Records from a data source:
..........
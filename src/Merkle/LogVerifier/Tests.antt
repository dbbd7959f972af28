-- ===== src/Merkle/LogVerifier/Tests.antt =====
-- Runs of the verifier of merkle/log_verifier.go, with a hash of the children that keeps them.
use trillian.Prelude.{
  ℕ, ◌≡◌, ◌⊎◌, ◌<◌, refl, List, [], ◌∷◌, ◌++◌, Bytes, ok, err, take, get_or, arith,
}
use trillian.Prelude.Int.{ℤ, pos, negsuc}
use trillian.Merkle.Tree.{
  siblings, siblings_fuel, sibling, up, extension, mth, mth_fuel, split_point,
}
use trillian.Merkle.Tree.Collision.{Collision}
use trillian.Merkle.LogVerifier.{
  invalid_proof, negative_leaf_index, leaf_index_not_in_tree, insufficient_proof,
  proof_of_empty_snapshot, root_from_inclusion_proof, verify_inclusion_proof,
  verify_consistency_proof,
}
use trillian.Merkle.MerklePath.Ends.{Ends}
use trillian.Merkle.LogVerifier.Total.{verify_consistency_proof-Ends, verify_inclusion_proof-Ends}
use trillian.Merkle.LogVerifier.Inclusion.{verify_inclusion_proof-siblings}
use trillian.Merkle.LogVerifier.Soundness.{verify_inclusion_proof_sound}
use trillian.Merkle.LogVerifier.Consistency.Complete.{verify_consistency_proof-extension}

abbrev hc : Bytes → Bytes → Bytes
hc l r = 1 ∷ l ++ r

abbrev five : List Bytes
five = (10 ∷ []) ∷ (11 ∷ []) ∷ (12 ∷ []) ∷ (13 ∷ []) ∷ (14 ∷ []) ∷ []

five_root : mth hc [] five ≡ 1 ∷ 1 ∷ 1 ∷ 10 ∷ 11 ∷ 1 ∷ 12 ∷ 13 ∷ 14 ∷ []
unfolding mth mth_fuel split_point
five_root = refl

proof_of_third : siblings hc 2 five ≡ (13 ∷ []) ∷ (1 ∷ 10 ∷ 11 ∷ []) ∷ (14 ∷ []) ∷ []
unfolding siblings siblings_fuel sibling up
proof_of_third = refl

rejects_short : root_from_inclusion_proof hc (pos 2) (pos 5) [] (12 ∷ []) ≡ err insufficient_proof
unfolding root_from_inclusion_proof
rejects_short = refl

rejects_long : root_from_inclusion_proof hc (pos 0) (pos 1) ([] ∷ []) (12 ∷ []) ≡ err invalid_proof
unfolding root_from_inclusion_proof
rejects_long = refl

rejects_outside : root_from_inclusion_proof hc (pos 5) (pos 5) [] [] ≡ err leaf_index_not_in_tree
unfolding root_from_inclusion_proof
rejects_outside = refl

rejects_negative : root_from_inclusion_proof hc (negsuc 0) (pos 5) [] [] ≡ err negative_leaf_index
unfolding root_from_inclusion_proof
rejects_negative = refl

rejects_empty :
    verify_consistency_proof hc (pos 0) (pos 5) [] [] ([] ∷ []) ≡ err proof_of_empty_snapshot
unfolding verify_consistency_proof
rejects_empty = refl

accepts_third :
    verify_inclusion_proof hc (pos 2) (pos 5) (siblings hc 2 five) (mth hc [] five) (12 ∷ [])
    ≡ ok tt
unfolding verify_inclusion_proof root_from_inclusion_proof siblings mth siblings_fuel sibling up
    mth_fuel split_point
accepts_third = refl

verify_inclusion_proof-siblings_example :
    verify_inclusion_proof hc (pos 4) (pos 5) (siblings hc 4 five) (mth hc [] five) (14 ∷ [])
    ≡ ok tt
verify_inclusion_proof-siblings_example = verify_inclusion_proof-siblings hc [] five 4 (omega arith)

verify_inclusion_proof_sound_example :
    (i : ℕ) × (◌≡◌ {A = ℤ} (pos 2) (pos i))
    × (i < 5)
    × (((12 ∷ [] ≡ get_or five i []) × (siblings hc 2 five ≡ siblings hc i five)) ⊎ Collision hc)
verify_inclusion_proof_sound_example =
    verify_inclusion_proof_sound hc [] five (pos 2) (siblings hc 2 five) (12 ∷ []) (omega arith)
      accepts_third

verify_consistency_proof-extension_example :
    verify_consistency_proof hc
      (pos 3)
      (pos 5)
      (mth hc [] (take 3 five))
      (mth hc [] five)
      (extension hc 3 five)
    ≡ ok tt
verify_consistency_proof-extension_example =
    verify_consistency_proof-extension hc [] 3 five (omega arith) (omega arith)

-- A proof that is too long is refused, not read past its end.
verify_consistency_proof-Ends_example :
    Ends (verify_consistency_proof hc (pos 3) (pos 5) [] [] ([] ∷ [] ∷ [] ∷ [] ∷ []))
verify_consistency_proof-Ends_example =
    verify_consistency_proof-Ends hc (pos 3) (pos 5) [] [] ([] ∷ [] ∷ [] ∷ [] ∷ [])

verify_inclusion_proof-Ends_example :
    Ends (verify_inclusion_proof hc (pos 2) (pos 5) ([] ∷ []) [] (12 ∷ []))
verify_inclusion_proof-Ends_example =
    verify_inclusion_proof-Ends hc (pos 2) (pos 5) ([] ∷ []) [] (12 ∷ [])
..........
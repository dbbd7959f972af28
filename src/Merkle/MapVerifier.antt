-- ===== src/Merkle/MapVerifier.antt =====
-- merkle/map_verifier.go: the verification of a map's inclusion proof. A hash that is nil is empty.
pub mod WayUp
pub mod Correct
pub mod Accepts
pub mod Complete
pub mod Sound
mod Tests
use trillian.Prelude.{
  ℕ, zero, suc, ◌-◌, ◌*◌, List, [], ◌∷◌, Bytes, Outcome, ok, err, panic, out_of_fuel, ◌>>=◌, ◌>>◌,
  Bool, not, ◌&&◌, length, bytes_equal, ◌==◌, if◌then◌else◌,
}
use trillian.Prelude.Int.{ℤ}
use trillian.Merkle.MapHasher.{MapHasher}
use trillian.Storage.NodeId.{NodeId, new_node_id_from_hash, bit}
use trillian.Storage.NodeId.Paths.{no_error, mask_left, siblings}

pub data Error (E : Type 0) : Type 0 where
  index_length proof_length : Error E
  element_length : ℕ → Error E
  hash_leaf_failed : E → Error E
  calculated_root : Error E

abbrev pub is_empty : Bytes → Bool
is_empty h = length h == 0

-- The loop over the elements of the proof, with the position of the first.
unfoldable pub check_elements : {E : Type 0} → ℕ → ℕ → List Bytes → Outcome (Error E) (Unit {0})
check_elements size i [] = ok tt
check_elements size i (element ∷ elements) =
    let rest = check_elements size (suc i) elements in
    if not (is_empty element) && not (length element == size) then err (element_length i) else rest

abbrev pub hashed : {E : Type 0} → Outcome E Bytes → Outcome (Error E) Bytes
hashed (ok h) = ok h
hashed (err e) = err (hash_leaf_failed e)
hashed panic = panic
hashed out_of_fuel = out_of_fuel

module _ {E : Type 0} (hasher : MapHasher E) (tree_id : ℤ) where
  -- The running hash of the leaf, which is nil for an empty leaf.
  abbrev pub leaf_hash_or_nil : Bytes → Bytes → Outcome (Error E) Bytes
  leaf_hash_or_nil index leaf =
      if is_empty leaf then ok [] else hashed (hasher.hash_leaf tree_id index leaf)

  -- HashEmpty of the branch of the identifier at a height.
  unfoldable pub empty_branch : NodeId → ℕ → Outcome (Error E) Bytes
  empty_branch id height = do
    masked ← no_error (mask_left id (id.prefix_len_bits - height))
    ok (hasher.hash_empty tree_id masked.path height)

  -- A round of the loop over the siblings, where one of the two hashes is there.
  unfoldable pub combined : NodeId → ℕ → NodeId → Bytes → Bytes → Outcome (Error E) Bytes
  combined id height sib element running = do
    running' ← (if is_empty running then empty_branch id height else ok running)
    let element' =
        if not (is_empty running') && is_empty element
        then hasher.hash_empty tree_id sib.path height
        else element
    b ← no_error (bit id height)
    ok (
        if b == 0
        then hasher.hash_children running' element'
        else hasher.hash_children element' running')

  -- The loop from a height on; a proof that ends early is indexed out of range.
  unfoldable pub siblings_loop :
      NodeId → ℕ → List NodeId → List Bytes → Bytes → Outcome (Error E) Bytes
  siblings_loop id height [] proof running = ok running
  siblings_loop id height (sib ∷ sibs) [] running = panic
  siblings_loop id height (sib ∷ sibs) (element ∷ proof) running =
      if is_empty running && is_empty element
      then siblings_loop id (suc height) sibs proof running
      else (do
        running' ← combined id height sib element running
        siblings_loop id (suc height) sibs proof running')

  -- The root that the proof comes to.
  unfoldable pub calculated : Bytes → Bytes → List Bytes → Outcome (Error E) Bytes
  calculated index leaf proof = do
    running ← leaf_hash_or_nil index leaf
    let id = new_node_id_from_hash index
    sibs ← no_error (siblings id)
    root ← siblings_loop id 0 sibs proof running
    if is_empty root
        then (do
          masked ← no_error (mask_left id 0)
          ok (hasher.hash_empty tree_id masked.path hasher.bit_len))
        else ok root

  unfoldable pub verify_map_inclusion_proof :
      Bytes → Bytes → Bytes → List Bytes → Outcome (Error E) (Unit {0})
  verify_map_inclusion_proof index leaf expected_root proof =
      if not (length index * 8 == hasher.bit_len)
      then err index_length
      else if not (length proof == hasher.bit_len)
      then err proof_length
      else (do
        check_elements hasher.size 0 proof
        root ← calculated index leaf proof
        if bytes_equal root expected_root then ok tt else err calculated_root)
..........
● What is required: Exactly the lines above from the one with "check_elements size i [] = ok tt" to the one with "combined id height sib element running = do", both included, are to be quoted; leave the rest out.

● Result:
check_elements size i [] = ok tt
check_elements size i (element ∷ elements) =
    let rest = check_elements size (suc i) elements in
    if not (is_empty element) && not (length element == size) then err (element_length i) else rest

abbrev pub hashed : {E : Type 0} → Outcome E Bytes → Outcome (Error E) Bytes
hashed (ok h) = ok h
hashed (err e) = err (hash_leaf_failed e)
hashed panic = panic
hashed out_of_fuel = out_of_fuel

module _ {E : Type 0} (hasher : MapHasher E) (tree_id : ℤ) where
  -- The running hash of the leaf, which is nil for an empty leaf.
  abbrev pub leaf_hash_or_nil : Bytes → Bytes → Outcome (Error E) Bytes
  leaf_hash_or_nil index leaf =
      if is_empty leaf then ok [] else hashed (hasher.hash_leaf tree_id index leaf)

  -- HashEmpty of the branch of the identifier at a height.
  unfoldable pub empty_branch : NodeId → ℕ → Outcome (Error E) Bytes
  empty_branch id height = do
    masked ← no_error (mask_left id (id.prefix_len_bits - height))
    ok (hasher.hash_empty tree_id masked.path height)

  -- A round of the loop over the siblings, where one of the two hashes is there.
  unfoldable pub combined : NodeId → ℕ → NodeId → Bytes → Bytes → Outcome (Error E) Bytes
  combined id height sib element running = do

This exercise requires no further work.